Você poderia dar alguns exemplos do que seriam essas distorções?
Lires Ianoski: ele tenta nesse primeiro momento unificar duas contribuições, o PIS e a Cofins, criando a CBS (Contribuição sobre Bens e Serviços). Então o Projeto de Lei promete simplificar, reunindo dois tributos em um só. Ele tira vários regimes diferenciados de tributação, não haveria mais cumulatividade e estabeleceria uma alíquota única. Essa alíquota seria mais transparente, pois incidiria sobre o valor da receita bruta da empresa, e não mais sobre todas as receitas. Só que, quando analisamos o Projeto de Lei com 130 artigos, ele é bem complexo. Apesar da exposição de motivos deste PL ser interessante, a leitura do Projeto de Lei em si causa algumas preocupações, podendo, inclusive aumentar a quantidade de litígios, dada a existência de conceitos indefinidos.
Primeiro ponto: as empresas, principalmente algumas do setor de serviços, que hoje estão acostumadas a pagar no sistema cumulativo uma alíquota total de PIS e Cofins de 3,65%, vão passar a pagar 12%.
Parece um bom aumento. Qual é a argumentação a favor dessa mudança?
Lires Ianoski: o Governo diz que irá neutralizar isso. Você passaria a pagar 12%, mas você teria crédito em tudo o que você comprasse. E a ideia seria repassar isso para o consumidor, para que a gente fique mais próximo do sistema de tributação dos países modernos, que é sobre o valor agregado – o conhecido IVA. Então, conceder-se-ia, segundo o Governo, maior transparência. Nós, consumidores, saberíamos exatamente quanto de tributo estaríamos pagando. Além do mais, a empresa só iria pagar sobre o valor que ela agregar ao produto ou serviço, tomando crédito de tudo o que ela compra na entrada.
Só que na prática não dá para saber se isso vai acontecer. Algumas empresas talvez não consigam, nesse momento, repassar esses 12% para o consumidor, tampouco tomar crédito de tudo o que compram. O consumidor não vai conseguir dar conta desse aumento e a empresa acabará tendo uma oneração. Então provavelmente vai implicar, sim, no aumento da carga tributária.
Essa alíquota de 12% valeria para todas as empresas?

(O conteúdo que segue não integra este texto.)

-- ===== src/Wifi/Attributes/Encode.antt =====
-- Attributes as the kernel writes them, and `findattr` of components/wifi.c over them.
use slstatus.Prelude.{
  ℕ, zero, suc, ◌+◌, ◌-◌, ◌<◌, ◌≤◌, ◌≡◌, refl, sym, ap, ◌∙◌, true, false, List, [], ◌∷◌, ◌++◌,
  Option, none, some, arith, ◌==◌, if◌then◌else◌, length, length-append, take, drop, replicate,
  length-replicate, Bool-cases, inl, inr, All,
}
use mathlib.Core.List.{append_assoc}
use mathlib.Core.Path.{ap₂}
use slstatus.Memory.{sub_64}
use slstatus.Prelude.Text.{Text}
use slstatus.Wifi.Attributes.{
  Search, found, absent, forever, findattr, findattr_from, read_16, u_16, align,
}

pub record Attr : Type 0 where
  pub type : ℕ
  pub payload : Text

-- The fields of `struct nlattr` have sixteen bits.
pub record IsEncodable (a : Attr) : Type 0 where
  pub type : a.type < 65536
  pub size : length a.payload < 65532

-- What `align` adds to a length.
abbrev padding : ℕ → ℕ
padding n = align n - n

-- The header, the payload and the padding.
abbrev encode_attr : Attr → Text
encode_attr a =
    u_16 (4 + length a.payload)
    ++ u_16 a.type
    ++ a.payload
    ++ replicate (padding (4 + length a.payload)) 0

abbrev pub encode : List Attr → Text
encode [] = []
encode (a ∷ attrs) = encode_attr a ++ encode attrs

-- The payload of the first attribute of a type.
abbrev pub lookup : ℕ → List Attr → Option Text
lookup attr [] = none
lookup attr (a ∷ attrs) = if a.type == attr then some a.payload else lookup attr attrs

-- The bytes that a search has found; `none` where it has no end.
abbrev pub bytes_of : Search → Option (Option Text)
bytes_of (found len p) = some (some (take len p))
bytes_of absent = some none
bytes_of forever = none

read-u_16 : (n : ℕ) (rest : Text) → n < 65536 → read_16 0 (u_16 n ++ rest) ≡ n
read-u_16 n rest h = omega arith

take-append : (xs ys : Text) → take (length xs) (xs ++ ys) ≡ xs
take-append [] ys = refl
take-append (x ∷ xs) ys = ap (λ t. x ∷ t) (take-append xs ys)

drop-append : (n : ℕ) (xs ys : Text) → n ≡ length xs → drop n (xs ++ ys) ≡ ys
drop-append zero [] ys h = refl
drop-append (suc n) [] ys h = absurd (omega arith)
drop-append zero (x ∷ xs) ys h = absurd (omega arith)
drop-append (suc n) (x ∷ xs) ys h = drop-append n xs ys (omega arith)

length-encode_attr : (a : Attr) → length (encode_attr a) ≡ align (4 + length a.payload)
length-encode_attr a = omega (
  arith,
  length-append a.payload (replicate (padding (4 + length a.payload)) 0),
  length-replicate {A = ℕ} (padding (4 + length a.payload)) 0,
)

-- A round of the loop by the two fields that it reads.
abbrev round : (fuel attr n : ℕ) → Text → (len type : ℕ) → Search
round fuel attr n m len type =
    if type == attr
    then found (sub_64 len 4) (drop 4 m)
    else if align len == 0
    then forever
    else findattr_from fuel attr (n - align len) (drop (align len) m)

round_lem :
    (fuel attr n len type : ℕ) (m : Text)
    → 0 < n
    → read_16 0 m ≡ len
    → read_16 2 m ≡ type
    → findattr_from (suc fuel) attr n m ≡ round fuel attr n m len type
unfolding findattr_from
round_lem fuel attr n len type m h e f =
    let positive : (n == 0) ≡ false = ground arith in rw positive (ap₂ (round fuel attr n m) e f)

module _ (attr fuel : ℕ) (a : Attr) (h : IsEncodable a) (attrs : List Attr) (rest : Text) where
  abbrev len : ℕ
  len = 4 + length a.payload

  -- The memory from the attribute on, and the size of the attributes in it.
  abbrev from : Text
  from = encode_attr a ++ (encode attrs ++ rest)

  abbrev size : ℕ
  size = align len + length (encode attrs)

  on_from : findattr_from (suc fuel) attr size from ≡ round fuel attr size from len a.type
  on_from =
      let b = h.size in
      let b' = h.type in
      round_lem fuel attr size len a.type from (omega arith) (omega arith) (omega arith)

  step_found :
      (a.type == attr) ≡ true
      → bytes_of (findattr_from (suc fuel) attr size from) ≡ some (some a.payload)
  step_found e =
      let b = h.size in
      let l : sub_64 len 4 ≡ length a.payload = omega arith in
      ap bytes_of on_from
      ∙ rw (e, l)
          (ap (λ m. some (some (take (length a.payload) m)))
              (append_assoc a.payload (replicate (padding len) 0) (encode attrs ++ rest))
            ∙ ap (λ t. some (some t)) (take-append a.payload _))

  step_next :
      (a.type == attr) ≡ false
      → findattr_from (suc fuel) attr size from
        ≡ findattr_from fuel attr (length (encode attrs)) (encode attrs ++ rest)
  step_next e =
      let z : (align len == 0) ≡ false = ground arith in
      let n : size - align len ≡ length (encode attrs) = omega arith in
      on_from
      ∙ rw (e, z, n)
          (ap (findattr_from fuel attr (length (encode attrs)))
            (drop-append (align len) (encode_attr a) _ (sym (length-encode_attr a))))

findattr-from :
    (attr fuel : ℕ) (attrs : List Attr) (rest : Text)
    → All IsEncodable attrs
    → length (encode attrs) ≤ fuel
    → bytes_of (findattr_from fuel attr (length (encode attrs)) (encode attrs ++ rest))
      ≡ some (lookup attr attrs)
unfolding findattr_from
findattr-from attr zero [] rest h b = refl
findattr-from attr (suc fuel) [] rest h b = refl
findattr-from attr zero (a ∷ attrs) rest h b = absurd (omega arith)
findattr-from attr (suc fuel) (a ∷ attrs) rest h b =
    let whole : length (encode (a ∷ attrs)) ≡ align (4 + length a.payload) + length (encode attrs) =
      omega (arith, length-append (encode_attr a) (encode attrs), length-encode_attr a) in
    ap₂ (λ n m. bytes_of (findattr_from (suc fuel) attr n m)) whole
      (append_assoc (encode_attr a) (encode attrs) rest)
    ∙ elim (Bool-cases (a.type == attr)) [
      | inl t ↦ rw t (step_found attr fuel a h.0 attrs rest t)
      | inr t ↦ rw t (
          ap bytes_of (step_next attr fuel a h.0 attrs rest t)
          ∙ findattr-from attr fuel attrs rest h.1 (omega arith))
    ]

-- In a message of attributes as the kernel writes them, whatever stands behind it, `findattr` ends
-- with the payload of the first attribute of the type, and with NULL exactly where there is none;
-- more rounds than the message has bytes give the same.
pub findattr-encode :
    (attr fuel : ℕ) (attrs : List Attr) (rest : Text)
    → All IsEncodable attrs
    → length (encode attrs) ≤ fuel
    → (bytes_of (findattr attr (length (encode attrs)) (encode attrs ++ rest))
        ≡ some (lookup attr attrs))
      × (bytes_of (findattr_from fuel attr (length (encode attrs)) (encode attrs ++ rest))
          ≡ some (lookup attr attrs))
unfolding findattr
findattr-encode attr fuel attrs rest h b = (
  findattr-from attr (length (encode attrs)) attrs rest h (omega arith),
  findattr-from attr fuel attrs rest h b,
)
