-- ===== src/Volume.antt =====
-- components/volume.c, as it is built with ALSA. libasound is what its calls return; the calls that
-- are made are written down in their order.

pub mod Closes
pub mod Oss
pub mod Sndio
use slstatus.Prelude.{ℕ, Bool, not, List, [], ◌∷◌, ◌++◌, Option, none, some, if◌then◌else◌}
use slstatus.Prelude.Int.{ℤ, pos, negsuc, ◌-ℤ◌, eqb_ℤ}
use slstatus.Prelude.Text.{Text, lit}
use slstatus.Stdio.Format.{Val, str, int, real}
use slstatus.Util.{World, bprintf, warn}
use slstatus.Util.Float.{Float}

pub data Call : Type 0 where
  mixer_open : Call
  attach : Call
  selem_register : Call
  load : Call
  find_selem : Call
  get_range : Call
  get_volume : Call
  free : Call
  detach : Call
  close : Call

-- What the calls return, each 0 or an error, and what they store: the range, and the volume also
-- where its call fails.
pub record Alsa : Type 0 where
  pub opened : ℤ
  pub attached : ℤ
  pub registered : ℤ
  pub loaded : ℤ
  pub found : Bool
  pub ranged : ℤ
  pub min : ℤ
  pub max : ℤ
  pub got : ℤ
  pub volume : ℤ

abbrev pub devname : Text
devname = lit "default"

-- The variables at `cleanup`, with the calls made and the world.
pub record Mixer : Type 0 where
  pub min : ℤ
  pub max : ℤ
  pub volume : ℤ
  pub calls : List Call
  pub world : World

abbrev pub made : Call → Mixer → Mixer
made c m = record m { calls = m.calls ++ c ∷ [] }

abbrev pub warned : Text → List Val → Mixer → Mixer
warned fmt ap m = record m { world = warn fmt ap m.world }

abbrev pub failed : ℤ → Bool
failed err = not (eqb_ℤ err (pos 0))

-- `if (!elem) …` and what follows it up to `cleanup`.
read_elem : Text → Alsa → Mixer → Mixer
read_elem mixname x m =
    let ranged = record (made get_range m) { min = x.min; max = x.max } in
    let read = record (made get_volume ranged) { volume = x.volume } in
    if not x.found
    then warned (lit "snd_mixer_find_selem(mixer, \"%s\") == NULL") (str (some mixname) ∷ []) m
    else if failed x.ranged
    then warned (lit "snd_mixer_selem_get_playback_volume_range(): %d") (int x.ranged ∷ [])
        (made get_range m)
    else if failed x.got
    then warned (lit "snd_mixer_selem_get_playback_volume(): %d") (int x.got ∷ []) read
    else read

-- From `snd_mixer_attach` up to `cleanup`.
read_mixer : Text → Alsa → Mixer → Mixer
unfolding read_elem
read_mixer mixname x m =
    let attached = made attach m in
    let registered = made selem_register attached in
    let loaded = made load registered in
    if failed x.attached
    then warned (lit "snd_mixer_attach(mixer, \"%s\"): %d")
        (str (some devname) ∷ int x.attached ∷ []) attached
    else if failed x.registered
    then warned (lit "snd_mixer_selem_register(mixer, NULL, NULL): %d") (int x.registered ∷ [])
        registered
    else if failed x.loaded
    then warned (lit "snd_mixer_load(mixer): %d") (int x.loaded ∷ []) loaded
    else read_elem mixname x (made find_selem loaded)

unfoldable pub cleanup : Mixer → Mixer
cleanup m = made close (made detach (made free m))

module _ (F : Float) where
  open F use {of_ℕ, of_ℤ, mul, div, show}

  -- `(volume-min)*100./(max-min)`
  unfoldable pub percent : (min max volume : ℤ) → ℕ → Text
  percent min max volume = show (div (mul (of_ℤ (volume -ℤ min)) (of_ℕ 100)) (of_ℤ (max -ℤ min)))

  -- Behind `cleanup`.
  unfoldable pub print_volume : Mixer → Option Text × List Call × World
  unfolding percent
  print_volume m =
      let (res, w) = bprintf (lit "%.0f") (real (percent m.min m.max m.volume) ∷ []) m.world in
      if eqb_ℤ m.volume (negsuc 0) then (none, m.calls, m.world) else (res, m.calls, w)

  unfoldable pub vol_perc : Alsa → Text → World → Option Text × List Call × World
  unfolding read_mixer cleanup print_volume
  vol_perc x mixname w =
      let m : Mixer = record {
        min = pos 0;
        max = pos 0;
        volume = negsuc 0;
        calls = mixer_open ∷ [];
        world = w;
      } in
      if failed x.opened
      then (none, mixer_open ∷ [], warn (lit "snd_mixer_open: %d") (int x.opened ∷ []) w)
      else print_volume (cleanup (read_mixer mixname x m))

Lires Ianoski: não. Os bancos, instituições financeiras e seguradoras, por exemplo, vão ficar com uma alíquota de 5,8%. Isso é menos da metade do que a proposta de 12%. Segundo o Governo, essa alíquota diferenciada existiria porque essas instituições seguem um regime próprio e não conseguem tomar muito crédito. No entanto, se a ideia é caminharmos para uma isonomia, esse é um ponto que pode gerar discussão.
Haveria mudanças também para as empresas que adotam o Simples Nacional?
Lires Ianoski: o Governo tem falado que nada mudaria para as empresas que adotam o sistema do Simples Nacional. Na prática, será que a gente não acabaria desincentivando as empresas de contratarem quem adere ao Simples? Por exemplo, digamos que eu tenho uma empresa. Sob esse novo sistema, ela ganharia crédito de 12% para tudo o que contratasse. Quando ela comprasse de uma empresa do Simples, porém, ela só poderia tomar o crédito do imposto que essa empresa do Simples paga, que é uma alíquota muito menor. Então, talvez, ela opte por contratar uma empresa que não esteja no Simples.
Por outro lado, essa empresa do Simples também tem seus fornecedores. E quando ela for comprar desses fornecedores, ela provavelmente comprará de alguém que estará tributando a CBS na alíquota de 12%. E ela não vai conseguir aproveitar esse crédito, que vai virar um custo para ela. Esse custo deverá ser, então, repassado para o consumidor.
Na sua opinião, o PL 3887/20 traz realmente os primeiros passos para uma Reforma Tributária, ou existem outras medidas que deveriam ser priorizadas?
Lires Ianoski: na minha opinião, se esse projeto passar, o fornecedor vai acabar absorvendo o valor de 12% e vai acabar sendo mais prejudicado ainda – aumentar a tributação sobre a receita no momento em que as empresas estão tendo prejuízo não parece ser o mais adequado. O Governo anunciou esse Projeto de Lei e disse que, depois, seguirá para outras fases da Reforma Tributária (anunciada em quatro fases), como a desoneração da folha de pagamentos. Isso, por exemplo, é algo que o Governo deveria fazer de imediato. No momento em que estamos é mais importante que as empresas continuem se mantendo economicamente ativas e produtivas no mercado e gerando empregos. E onde que elas são mais oneradas?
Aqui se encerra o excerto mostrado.